Someone once said or wrote, Joseph, that we all hate lawyers, except for our own lawyer (if that lawyer is a good effective one). The times we live in are conducive to bad temper. Just notice how the Dimocrats reacted to last night’s SOTU address. Houston, we have a problem. Lunacy is alive and well here on earth.
Terrific poetry, Kip, which made me both laugh and squirm. Both hit a little too close to home for me. “Undone” (great title with many layers) reminds me of too many times I’ve acted or said things on impulse that I later regretted. And it’s a complex thing. I like to think of myself as both decisive and cautious. I imagine there’s a time and place for both — something only experience can teach.
As for “Mercenary”… Ow, that hurts. But you’ve nailed it and I’m happy to describe myself as a “retired” lawyer rather than as one of the active shysters you write about. The profession does seem to be a magnet for an inordinate number of venal, ethically challenged people who are drawn to the ideas of money, power and prestige. Temperamentally, it was a bid fit for me from the start. I remember going to court about 20 years ago and a solitary woman was picketing in front of the building with a sign that said “Lawyers Stink” and she kept shouting “lawyers are shysters, shysters arae lawyers.” She was still out there two hours later when I left. From her tireless dedication to sharing her message, I infer that her lawyer must have really disappointed her.
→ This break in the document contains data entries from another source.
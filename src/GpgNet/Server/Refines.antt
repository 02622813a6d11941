-- ===== src/GpgNet/Server/Refines.antt =====
-- GPGNetServer.cpp: the server as each game sees it.
use ice_adapter.Base.{
  ℕ, ◌≡◌, refl, ap, ◌∙◌, inl, inr, Bytes, Bool, true, false, List, [], ◌∷◌, ◌++◌, map, Option, none,
  some, Option-cases, ◌==◌, if◌then◌else◌, append-nil,
}
use ice_adapter.Json.{JsonLib}
use ice_adapter.GpgNet.Message.{GpgNetMessage, to_binary}
use ice_adapter.GpgNet.Server.{
  GpgNetServer, on_new_client, on_client_disconnect, on_message, send_message,
}
use ice_adapter.GpgNet.Members.{
  contains, IsSorted, insert-IsSorted, erase-IsSorted, contains-insert, contains-erase, received_by,
  received_by-append, received_by-broadcast,
}

module _ (J : JsonLib) where
  -- What happens to the server. `removes` is the message that `_onClientDisconnect` posts.
  pub data ServerEvent : Type 0 where
    connects disconnects removes : ℕ → ServerEvent
    broadcasts : GpgNetMessage J → ServerEvent

  -- A message whose `toBinary` throws leaves the server as it is.
  abbrev pub or_same : GpgNetServer → Option GpgNetServer → GpgNetServer
  or_same s none = s
  or_same s (some t) = t

  unfoldable pub serve : List ServerEvent → GpgNetServer → GpgNetServer
  serve [] s = s
  serve (connects h ∷ es) s = serve es (on_new_client s h)
  serve (disconnects h ∷ es) s = serve es (on_client_disconnect s h)
  serve (removes h ∷ es) s = serve es (on_message s h)
  serve (broadcasts m ∷ es) s = serve es (or_same s (send_message J s m))

  -- One game: whether it is connected, and the messages that it has got.
  pub record Seat : Type 0 where
    pub is_connected : Bool
    pub inbox : List Bytes

  abbrev pub deliver : Seat → Option Bytes → Seat
  deliver a none = a
  deliver a (some bytes) = record a {
    inbox = if a.is_connected then a.inbox ++ (bytes ∷ []) else a.inbox;
  }

  abbrev pub seat_step : ℕ → ServerEvent → Seat → Seat
  seat_step h (connects k) a = record a { is_connected = if h == k then true else a.is_connected }
  seat_step h (disconnects k) a = a
  seat_step h (removes k) a = record a { is_connected = if h == k then false else a.is_connected }
  seat_step h (broadcasts m) a = deliver a (to_binary J m)

  abbrev pub seat_run : ℕ → List ServerEvent → Seat → Seat
  seat_run h [] a = a
  seat_run h (e ∷ es) a = seat_run h es (seat_step h e a)

  abbrev pub seat_of : ℕ → GpgNetServer → Seat
  seat_of h s = record { is_connected = contains h s.connected; inbox = received_by h s.written }

  append-if :
      (b : Bool) (xs : List Bytes) (x : Bytes)
      → xs ++ (if b then x ∷ [] else []) ≡ (if b then xs ++ (x ∷ []) else xs)
  append-if true xs x = refl
  append-if false xs x = append-nil xs

  seat_of-broadcast :
      (h : ℕ) (bytes : Bytes) (s : GpgNetServer)
      → IsSorted s.connected
      → seat_of h (record s { written = s.written ++ map (λ k. (k, bytes)) s.connected })
        ≡ deliver (seat_of h s) (some bytes)
  seat_of-broadcast h bytes s o =
      ap (λ l. record { is_connected = contains h s.connected; inbox = l })
        (received_by-append h s.written (map (λ k. (k, bytes)) s.connected)
          ∙ ap (λ l. received_by h s.written ++ l) (received_by-broadcast h bytes s.connected o)
          ∙ append-if (contains h s.connected) (received_by h s.written) bytes)

  seat_of-send_message :
      (h : ℕ) (m : GpgNetMessage J) (s : GpgNetServer)
      → IsSorted s.connected
      → (seat_of h (or_same s (send_message J s m)) ≡ deliver (seat_of h s) (to_binary J m))
        × IsSorted (or_same s (send_message J s m)).connected
  unfolding send_message
  seat_of-send_message h m s o = elim (Option-cases (to_binary J m)) [
    | inl e ↦ rw e (refl, o)
    | inr (bytes, e) ↦ rw e (seat_of-broadcast h bytes s o, o)
  ]

  seat_of-step :
      (h : ℕ) (e : ServerEvent) (s : GpgNetServer)
      → IsSorted s.connected
      → (seat_of h (serve (e ∷ []) s) ≡ seat_step h e (seat_of h s))
        × IsSorted (serve (e ∷ []) s).connected
  unfolding serve on_new_client on_client_disconnect on_message
  seat_of-step h (connects k) s o = (
    ap (λ b. record { is_connected = b; inbox = received_by h s.written })
        (contains-insert h k s.connected),
    insert-IsSorted k s.connected o,
  )
  seat_of-step h (disconnects k) s o = (refl, o)
  seat_of-step h (removes k) s o = (
    ap (λ b. record { is_connected = b; inbox = received_by h s.written })
        (contains-erase h k s.connected o),
    erase-IsSorted k s.connected o,
  )
  seat_of-step h (broadcasts m) s o = seat_of-send_message h m s o

  serve-cons :
      (e : ServerEvent) (es : List ServerEvent) (s : GpgNetServer)
      → serve (e ∷ es) s ≡ serve es (serve (e ∷ []) s)
  unfolding serve
  serve-cons (connects k) es s = refl
  serve-cons (disconnects k) es s = refl
  serve-cons (removes k) es s = refl
  serve-cons (broadcasts m) es s = refl

  -- In any history of clients that connect and disconnect and of messages to all, from a server whose
  -- set of clients is sorted, each game sees what it would see alone: whether it is connected, and
  -- exactly the messages that were sent while it was, once each and in order. A disconnect takes
  -- effect only when the message that it posts is handled. The set stays sorted.
  pub serve_refines :
      (h : ℕ) (es : List ServerEvent) (s : GpgNetServer)
      → IsSorted s.connected
      → (seat_of h (serve es s) ≡ seat_run h es (seat_of h s)) × IsSorted (serve es s).connected
  unfolding serve
  serve_refines h [] s o = (refl, o)
  serve_refines h (e ∷ es) s o =
      let (step, sorted) = seat_of-step h e s o in
      let (run, stays) = serve_refines h es (serve (e ∷ []) s) sorted in
      rw (serve-cons e es s) (run ∙ ap (seat_run h es) step, stays)
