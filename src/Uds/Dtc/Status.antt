-- ===== src/Uds/Dtc/Status.antt =====
-- crates/uds/src/dtc.rs: the status byte of a DTC.
use klartext.Prelude.{
  ℕ, ◌/◌, ◌%◌, ◌≡◌, refl, Bool, true, false, not, ◌||◌, bit_and, ◌==◌, if◌then◌else◌, all_within,
  eq_below, IsByte,
}
use klartext.Uds.Dtc.{Dtc, pending, confirmed, is_relevant}

-- Whether the binary digit of weight `weight` is set in the status, read by division.
abbrev pub has_bit : ℕ → ℕ → Bool
has_bit status weight = status / weight % 2 == 1

abbrev pub to_nat : Bool → ℕ
to_nat b = if b then 1 else 0

to_nat-injective : (a b : Bool) → to_nat a ≡ to_nat b → a ≡ b
to_nat-injective true true e = refl
to_nat-injective true false e = absurd (cc e)
to_nat-injective false true e = absurd (cc e)
to_nat-injective false false e = refl

pending_table : (s : ℕ) → IsByte s → to_nat (not (bit_and s 0x04 == 0)) ≡ to_nat (has_bit s 4)
unfolding all_within
pending_table = eq_below 256 _ _ refl

confirmed_table : (s : ℕ) → IsByte s → to_nat (not (bit_and s 0x08 == 0)) ≡ to_nat (has_bit s 8)
unfolding all_within
confirmed_table = eq_below 256 _ _ refl

relevant_table :
    (s : ℕ)
    → IsByte s
    → to_nat (not (bit_and s 0xaf == 0))
      ≡ to_nat (
          has_bit s 1 || has_bit s 2 || has_bit s 4 || has_bit s 8 || has_bit s 32 || has_bit s 128)
unfolding all_within
relevant_table = eq_below 256 _ _ refl

-- The tests on a one-byte status read its binary digits: `pending` the digit of weight 4,
-- `confirmed` the one of weight 8, and `is_relevant` whether any digit is set but those of weight
-- 16 and 64, the two "test not completed" marks.
pub status-bits :
    (d : Dtc)
    → IsByte d.status
    → (pending d ≡ has_bit d.status 4)
      × (confirmed d ≡ has_bit d.status 8)
      × (is_relevant d ≡ (
          has_bit d.status 1
          || has_bit d.status 2
          || has_bit d.status 4
          || has_bit d.status 8
          || has_bit d.status 32
          || has_bit d.status 128))
unfolding pending confirmed is_relevant
status-bits d h = (
  to_nat-injective _ _ (pending_table d.status h),
  to_nat-injective _ _ (confirmed_table d.status h),
  to_nat-injective _ _ (relevant_table d.status h),
)
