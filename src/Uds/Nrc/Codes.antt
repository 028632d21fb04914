-- ===== src/Uds/Nrc/Codes.antt =====
-- crates/uds/src/nrc.rs: a code and its byte determine each other.
use klartext.Prelude.{ℕ, ◌≤◌, ◌≡◌, refl, all_within, eq_below, IsByte, arith}
use klartext.Uds.Nrc

-- The byte of the code read from a byte is that byte.
pub code-from : (byte : ℕ) → IsByte byte → Nrc.code (Nrc.from byte) ≡ byte
unfolding all_within Nrc.from Nrc.code
code-from = eq_below 256 (λ b. Nrc.code (Nrc.from b)) (λ b. b) refl

-- The codes with a name, and the raw bytes of the two ranges that ISO 14229-1 sets apart.
abbrev pub IsStandard : Nrc.Nrc → Type 0
IsStandard (Nrc.secured_data_reserved b) = (0x38 ≤ b) × (b ≤ 0x4f)
IsStandard (Nrc.manufacturer b) = (0xf0 ≤ b) × (b ≤ 0xff)
IsStandard (Nrc.reserved b) = ⊥
IsStandard _ = Unit

-- The code read from the byte of a standard code is that code.
pub from-code : (n : Nrc.Nrc) → IsStandard n → Nrc.from (Nrc.code n) ≡ n
unfolding Nrc.from Nrc.code
from-code (Nrc.secured_data_reserved b) h = ground arith
from-code (Nrc.manufacturer b) h = ground arith
from-code (Nrc.reserved b) h = absurd h
from-code _ h = refl
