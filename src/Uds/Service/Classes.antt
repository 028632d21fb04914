-- ===== src/Uds/Service/Classes.antt =====
-- crates/uds/src/service.rs under crates/best/src/gate.rs: how the gate classes each request.
use klartext.Prelude.{ℕ, ◌≡◌, refl, List, get_elem?, Option, none, some}
use klartext.Best.Gate.{classify, SidClass, pass, gated}
use klartext.Uds.Service

-- The class of a request by its first byte.
abbrev pub class_of : List ℕ → Option SidClass
class_of frame = elim (get_elem? frame 0) [ none ↦ none | some sid ↦ some (classify sid) ]

-- Every request that only reads, keeps the session alive or sets up a dynamic identifier is in the
-- class that both policies pass; every request that clears, resets, runs a routine or writes is in
-- the class that needs a confirmation; no builder makes a request that is always refused.
pub builder-classes :
    (code : Service.Code) (session mask number did source position size subfn : ℕ) (bytes : List ℕ)
    → (class_of Service.tester_present ≡ some pass)
      × (class_of Service.tester_present_suppressed ≡ some pass)
      × (class_of (Service.diagnostic_session_control session) ≡ some pass)
      × (class_of (Service.read_dtc_by_status_mask mask) ≡ some pass)
      × (class_of (Service.read_dtc_snapshot_by_dtc code number) ≡ some pass)
      × (class_of (Service.read_dtc_extended_data_by_dtc code number) ≡ some pass)
      × (class_of (Service.read_dtc_severity_by_dtc code) ≡ some pass)
      × (class_of (Service.read_data_by_identifier did) ≡ some pass)
      × (class_of (Service.clear_dynamic_data_identifier did) ≡ some pass)
      × (class_of (Service.define_dynamic_data_by_identifier did source position size) ≡ some pass)
      × (class_of (Service.clear_diagnostic_information code) ≡ some gated)
      × (class_of Service.clear_all_dtcs ≡ some gated)
      × (class_of (Service.ecu_reset subfn) ≡ some gated)
      × (class_of (Service.routine_control subfn did bytes) ≡ some gated)
      × (class_of (Service.write_data_by_identifier did bytes) ≡ some gated)
unfolding classify Service.tester_present Service.tester_present_suppressed
    Service.diagnostic_session_control Service.read_dtc_by_status_mask
    Service.read_dtc_snapshot_by_dtc Service.read_dtc_extended_data_by_dtc
    Service.read_dtc_severity_by_dtc Service.read_data_by_identifier
    Service.clear_dynamic_data_identifier Service.define_dynamic_data_by_identifier
    Service.clear_diagnostic_information Service.clear_all_dtcs Service.ecu_reset
    Service.routine_control Service.write_data_by_identifier
builder-classes code session mask number did source position size subfn bytes =
    (refl, refl, refl, refl, refl, refl, refl, refl, refl, refl, refl, refl, refl, refl, refl)
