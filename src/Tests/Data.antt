-- ===== src/Tests/Data.antt =====
-- A database of two tables, and conditions on it.
-- No code of the repository is modelled here.
use compute_ql.Shared.{ℕ, Bool, true, false, List, [], ◌∷◌, none, some}
use compute_ql.Text.{Text, str8_lit}
use compute_ql.Ir.{NodeType, Node, node, nil, cons}
use compute_ql.Catalog.{ColumnType, Table, Database}
use compute_ql.Plan.{Plan, PlanType, plan, absent, no_fields}
use compute_ql.Optimizer.{Relation, JoinStep, Conjunct, Destination}
use compute_ql.Optimizer.Logic.{no, Row}

abbrev pub orders : Table
orders = record {
  name = str8_lit "orders";
  columns = record { name = str8_lit "id"; type = ColumnType.u64 } ∷ [];
}

abbrev pub items : Table
items = record {
  name = str8_lit "items";
  columns = record { name = str8_lit "sku"; type = ColumnType.u64 } ∷ [];
}

abbrev pub shop : Database
shop = record { tables = orders ∷ items ∷ []; temp_tables = []; column_catalog = items }

abbrev pub scan_of : Table → Plan
scan_of t = plan PlanType.scan absent absent (record no_fields { value = t.name; table = some t })

abbrev pub relations : List Relation
relations =
    record { scan = scan_of orders; table = orders; alias = [] }
    ∷ record { scan = scan_of items; table = items; alias = [] }
    ∷ []

abbrev pub column : Text → Node
column name = node NodeType.column name nil

abbrev pub number : Text → Node
number v = node NodeType.numeric v nil

abbrev pub apply : Text → Node → Node → Node
apply op a b = node NodeType.operator op (cons a (cons b nil))

-- sku = 5
abbrev pub sku_is_five : Node
sku_is_five = apply (str8_lit "=") (column (str8_lit "sku")) (number (str8_lit "5"))

-- id < 3
abbrev pub id_below_three : Node
id_below_three = apply (str8_lit "<") (column (str8_lit "id")) (number (str8_lit "3"))

-- sku IS NULL
abbrev pub sku_is_null : Node
sku_is_null = node NodeType.operator (str8_lit "is null") (cons (column (str8_lit "sku")) nil)

-- id < 3 AND sku = 5
abbrev pub both_tests : Node
both_tests = apply (str8_lit "AND") id_below_three sku_is_five

-- FROM orders LEFT JOIN items
abbrev pub left_join_steps : List JoinStep
left_join_steps =
    record { type = []; on_condition = none; null_supplying = false }
    ∷ record { type = str8_lit "left"; on_condition = some sku_is_five; null_supplying = true }
    ∷ []

abbrev pub conjunct_of : Node → ℕ → Bool → ℕ → Conjunct
conjunct_of n mask from_where step = record {
  node = n;
  mask = mask;
  unresolved = false;
  from_where = from_where;
  step = step;
  destination = Destination.residual;
  target = 0;
}

-- A row in which every column is NULL.
abbrev pub null_row : Row ℕ
null_row = record {
  column = λ name. none;
  constant = λ n. 5;
  compare = λ op a b. false;
  member = λ list v. false;
  other = λ n. no;
}
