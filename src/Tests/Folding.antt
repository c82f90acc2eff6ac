-- ===== src/Tests/Folding.antt =====
-- Constant folding on natural numbers.
use compute_ql.Shared.{
  ℕ, ◌≡◌, refl, ◌*◌, Bool, true, false, not, ◌||◌, List, [], ◌∷◌, none, if◌then◌else◌, ltb, ◌==◌,
  arith,
}
use compute_ql.Text.{
  Text, str8_lit, str8_match, match_exact, match_loop, adjust_char, u64_from_str8,
}
use compute_ql.Float.{Float, f64_from_str8}
use compute_ql.Ir.{NodeType, Node, has_type, value_of, same_type}
use compute_ql.Optimizer.{Conjunct}
use compute_ql.Optimizer.Logic.{Row, meaning, no, all_hold}
use compute_ql.Optimizer.Fold.{is_op, optimizer_fold_constants, optimizer_ir_is_constant_false}
use compute_ql.Optimizer.Fold.Symbols.{ComparesConstants}
use compute_ql.Optimizer.Fold.Sound.{is_constant_false_sound}
use compute_ql.Optimizer.Fold.Whole.{live, required, fold_constants_sound}
use compute_ql.Tests.Data.{apply, number, conjunct_of, left_join_steps, id_below_three}

-- The comparisons of ℕ have the laws.
abbrev pub naturals : Float
naturals = record {
  F64 = ℕ;
  past = λ c. 255;
  lt = ltb;
  eq = λ a b. a == b;
  mul = λ a b. a * b;
  zero_value = 0;
  one_value = 1;
  minus_one_value = 0;
  atof = λ s. u64_from_str8 s 10;
  lt_irrefl = λ a. ground arith;
  lt_trans = λ a b c h k. ground arith;
  eq_symm = λ a b h. ground arith;
  eq_trans = λ a b c h k. ground arith;
  eq_lt = λ a b c h k. ground arith;
  lt_eq = λ a b c h k. ground arith;
}

abbrev number_test : Text → ℕ → ℕ → Bool
number_test op a b =
    if is_op op (str8_lit "=") || is_op op (str8_lit "==")
    then a == b
    else if is_op op (str8_lit "!=")
    then not (a == b)
    else if is_op op (str8_lit "<")
    then ltb a b
    else if is_op op (str8_lit "<=")
    then ltb a b || (a == b)
    else if is_op op (str8_lit ">")
    then ltb b a
    else ltb b a || (b == a)

abbrev text_test : Text → Text → Text → Bool
text_test op a b =
    if is_op op (str8_lit "!=")
    then not (str8_match a b match_exact)
    else str8_match a b match_exact

-- No column has a value; a constant stands for itself.
abbrev constants_row : Row Node
constants_row = record {
  column = λ name. none;
  constant = λ n. n;
  compare = λ op l r.
      if has_type l NodeType.numeric
      then number_test op (f64_from_str8 naturals (value_of l))
          (f64_from_str8 naturals (value_of r))
      else text_test op (value_of l) (value_of r);
  member = λ list v. false;
  other = λ n. no;
}

literal_not_numeric :
    (n : Node) → has_type n NodeType.literal ≡ true → has_type n NodeType.numeric ≡ false
unfolding same_type
literal_not_numeric n h = ground arith

constants_compared : ComparesConstants naturals constants_row
unfolding str8_match match_loop adjust_char
constants_compared = record {
  numbers = λ l r hl hr. rw hl (refl, refl, refl, refl, refl, refl, refl);
  texts = λ l r hl hr. rw (literal_not_numeric l hl) (refl, refl, refl);
}

-- 1 = 1
abbrev one_is_one : Node
one_is_one = apply (str8_lit "=") (number (str8_lit "1")) (number (str8_lit "1"))

-- 1 = 2
abbrev one_is_two : Node
one_is_two = apply (str8_lit "=") (number (str8_lit "1")) (number (str8_lit "2"))

-- id < 3 AND 1 = 2
abbrev never : Node
never = apply (str8_lit "and") id_below_three one_is_two

never_is_false : optimizer_ir_is_constant_false naturals never ≡ true
unfolding compute_ql.Text.char_is_digit optimizer_ir_is_constant_false
    compute_ql.Optimizer.is_operator same_type str8_match match_loop adjust_char
    compute_ql.Optimizer.Fold.optimizer_fold_comparison compute_ql.Optimizer.Fold.fold_operands
    compute_ql.Optimizer.Fold.optimizer_number_from_literal
    compute_ql.Optimizer.Fold.optimizer_compare_numbers f64_from_str8 u64_from_str8
never_is_false = refl

is_constant_false_sound_example : meaning constants_row never ≡ no
is_constant_false_sound_example =
    is_constant_false_sound naturals constants_row constants_compared never never_is_false

-- WHERE 1 = 1 AND 1 = 2
abbrev two_constants : List Conjunct
two_constants = conjunct_of one_is_one 0 true 0 ∷ conjunct_of one_is_two 0 true 0 ∷ []

fold_constants_sound_example :
    (all_hold constants_row
        (live (optimizer_fold_constants naturals left_join_steps two_constants false).0)
      ≡ all_hold constants_row (live two_constants))
    × ((optimizer_fold_constants naturals left_join_steps two_constants false).1 ≡ true
        → all_hold constants_row (required left_join_steps two_constants) ≡ no)
fold_constants_sound_example =
    fold_constants_sound naturals constants_row constants_compared left_join_steps two_constants

said_empty : (optimizer_fold_constants naturals left_join_steps two_constants false).1 ≡ true
unfolding compute_ql.Text.char_is_digit optimizer_fold_constants
    compute_ql.Optimizer.Fold.fold_conjunct compute_ql.Optimizer.Fold.optimizer_fold_comparison
    same_type compute_ql.Optimizer.Fold.fold_operands
    compute_ql.Optimizer.Fold.optimizer_number_from_literal
    compute_ql.Optimizer.Fold.optimizer_compare_numbers str8_match match_loop adjust_char
    f64_from_str8 u64_from_str8 compute_ql.Optimizer.Fold.on_left_join
said_empty = refl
There are plenty of retired lawyers who contribute to this venue, Brian, and most of them are fed up with business as usual. What does it say about our country that a hefty plurality of members of both houses of Congress are lawyers? As someone once told me: Shit rolls downhill, but there’s always an asshole at the top.
C. B., “abiding doubt may guide you to a freshening reprieve” splendidly expresses practical reality. The yoke of being forgiven is a light one. Too many folk neither grant it nor wear it.
Your divorce shyster resembles the few I’ve known of. Among lawyer acquaintances with a care for their own integrity, they seem to prefer estate planning or even criminal cases to “family law.”
Shackles of course, Margaret, imply enslavement or imprisonment, whereas a yoke connotes cooperation or partnership. Lawyers will be lawyers.
I enjoyed ‘Undone’ and the fact that the narrator sees both leaving and staying at a company similar in outcome, where you ‘trade your shackles for a yoke’.
Ironically, in Arabic, ‘lawyer’ is ‘maharmi’, while ‘thief’ is ‘harami’, much like ‘lawyer’-‘liar’. Could this just be a mere coincidence?
Thanks for the reads, CB.
Maybe, Paul, there are coincidences, and maybe not. Some comparative linguist once tried, but failed, to show that the Indo-European languages and the Semitic languages were part of the same group.
C.B., I just love this couplet: “The pardons granted by forgiving folk / May help you trade your shackles for a yoke.” Its wisdom has impressed me… and my Muse. Thank you!
Very well done with both poems. I particularly like your use of an ABAB scheme to support a more serious tone to your satire, and the natural feeling to the rhymes, making the satire more grounded and ultimately more effective.